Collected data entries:
*** Block opens ***

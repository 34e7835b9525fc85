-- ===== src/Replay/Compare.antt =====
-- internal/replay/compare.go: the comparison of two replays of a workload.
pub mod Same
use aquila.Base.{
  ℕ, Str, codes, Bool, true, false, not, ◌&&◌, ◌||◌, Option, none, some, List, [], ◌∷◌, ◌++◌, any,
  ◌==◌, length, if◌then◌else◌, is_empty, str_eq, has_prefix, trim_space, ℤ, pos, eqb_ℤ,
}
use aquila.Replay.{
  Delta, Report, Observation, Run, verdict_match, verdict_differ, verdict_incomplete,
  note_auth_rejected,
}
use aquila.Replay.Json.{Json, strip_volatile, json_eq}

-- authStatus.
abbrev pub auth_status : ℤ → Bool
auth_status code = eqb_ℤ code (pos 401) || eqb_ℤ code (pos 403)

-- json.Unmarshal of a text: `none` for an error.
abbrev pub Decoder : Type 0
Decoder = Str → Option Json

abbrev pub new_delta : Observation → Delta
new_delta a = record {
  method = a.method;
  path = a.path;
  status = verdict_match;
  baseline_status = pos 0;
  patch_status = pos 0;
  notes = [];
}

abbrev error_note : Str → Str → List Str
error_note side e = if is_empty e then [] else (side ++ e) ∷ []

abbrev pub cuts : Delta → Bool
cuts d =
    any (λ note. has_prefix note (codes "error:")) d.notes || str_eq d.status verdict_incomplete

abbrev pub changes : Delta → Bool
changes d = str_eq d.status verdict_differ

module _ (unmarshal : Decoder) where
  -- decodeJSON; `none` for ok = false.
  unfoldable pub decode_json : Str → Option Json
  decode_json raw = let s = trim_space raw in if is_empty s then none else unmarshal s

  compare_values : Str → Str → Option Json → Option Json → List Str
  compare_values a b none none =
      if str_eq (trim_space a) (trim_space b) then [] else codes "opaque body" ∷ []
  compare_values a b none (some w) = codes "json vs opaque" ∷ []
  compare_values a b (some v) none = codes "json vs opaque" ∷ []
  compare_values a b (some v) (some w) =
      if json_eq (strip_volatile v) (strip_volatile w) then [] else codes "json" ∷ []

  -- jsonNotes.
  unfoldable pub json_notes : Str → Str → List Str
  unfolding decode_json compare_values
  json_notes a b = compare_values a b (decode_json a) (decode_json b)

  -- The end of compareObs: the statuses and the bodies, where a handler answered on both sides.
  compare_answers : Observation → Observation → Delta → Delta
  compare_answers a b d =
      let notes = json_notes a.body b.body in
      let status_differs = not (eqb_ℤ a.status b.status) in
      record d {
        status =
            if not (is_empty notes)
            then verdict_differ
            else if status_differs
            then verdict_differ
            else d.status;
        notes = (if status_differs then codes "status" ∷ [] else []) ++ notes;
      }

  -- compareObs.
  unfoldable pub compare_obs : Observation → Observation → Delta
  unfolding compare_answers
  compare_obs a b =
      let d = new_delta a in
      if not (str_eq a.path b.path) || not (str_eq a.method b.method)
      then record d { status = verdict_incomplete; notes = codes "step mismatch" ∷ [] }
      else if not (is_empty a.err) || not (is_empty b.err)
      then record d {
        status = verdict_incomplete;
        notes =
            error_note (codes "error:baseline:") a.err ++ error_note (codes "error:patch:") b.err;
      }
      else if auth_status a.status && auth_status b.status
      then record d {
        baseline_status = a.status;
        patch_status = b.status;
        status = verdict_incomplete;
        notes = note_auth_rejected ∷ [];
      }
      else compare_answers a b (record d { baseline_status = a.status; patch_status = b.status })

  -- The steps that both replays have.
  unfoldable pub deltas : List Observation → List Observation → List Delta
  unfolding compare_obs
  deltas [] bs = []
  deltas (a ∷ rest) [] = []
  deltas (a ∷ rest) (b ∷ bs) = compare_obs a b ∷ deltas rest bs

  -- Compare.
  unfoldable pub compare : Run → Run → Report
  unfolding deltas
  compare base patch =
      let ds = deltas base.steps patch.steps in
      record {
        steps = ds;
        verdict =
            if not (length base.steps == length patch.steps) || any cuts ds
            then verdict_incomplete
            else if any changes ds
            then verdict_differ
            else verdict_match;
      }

*** Block closes ***

Task prompt -> Could you copy every line in the records that holds "Bool"?

Finished task ->
  ℕ, Str, codes, Bool, true, false, not, ◌&&◌, ◌||◌, Option, none, some, List, [], ◌∷◌, ◌++◌, any,
abbrev pub auth_status : ℤ → Bool
abbrev pub cuts : Delta → Bool
abbrev pub changes : Delta → Bool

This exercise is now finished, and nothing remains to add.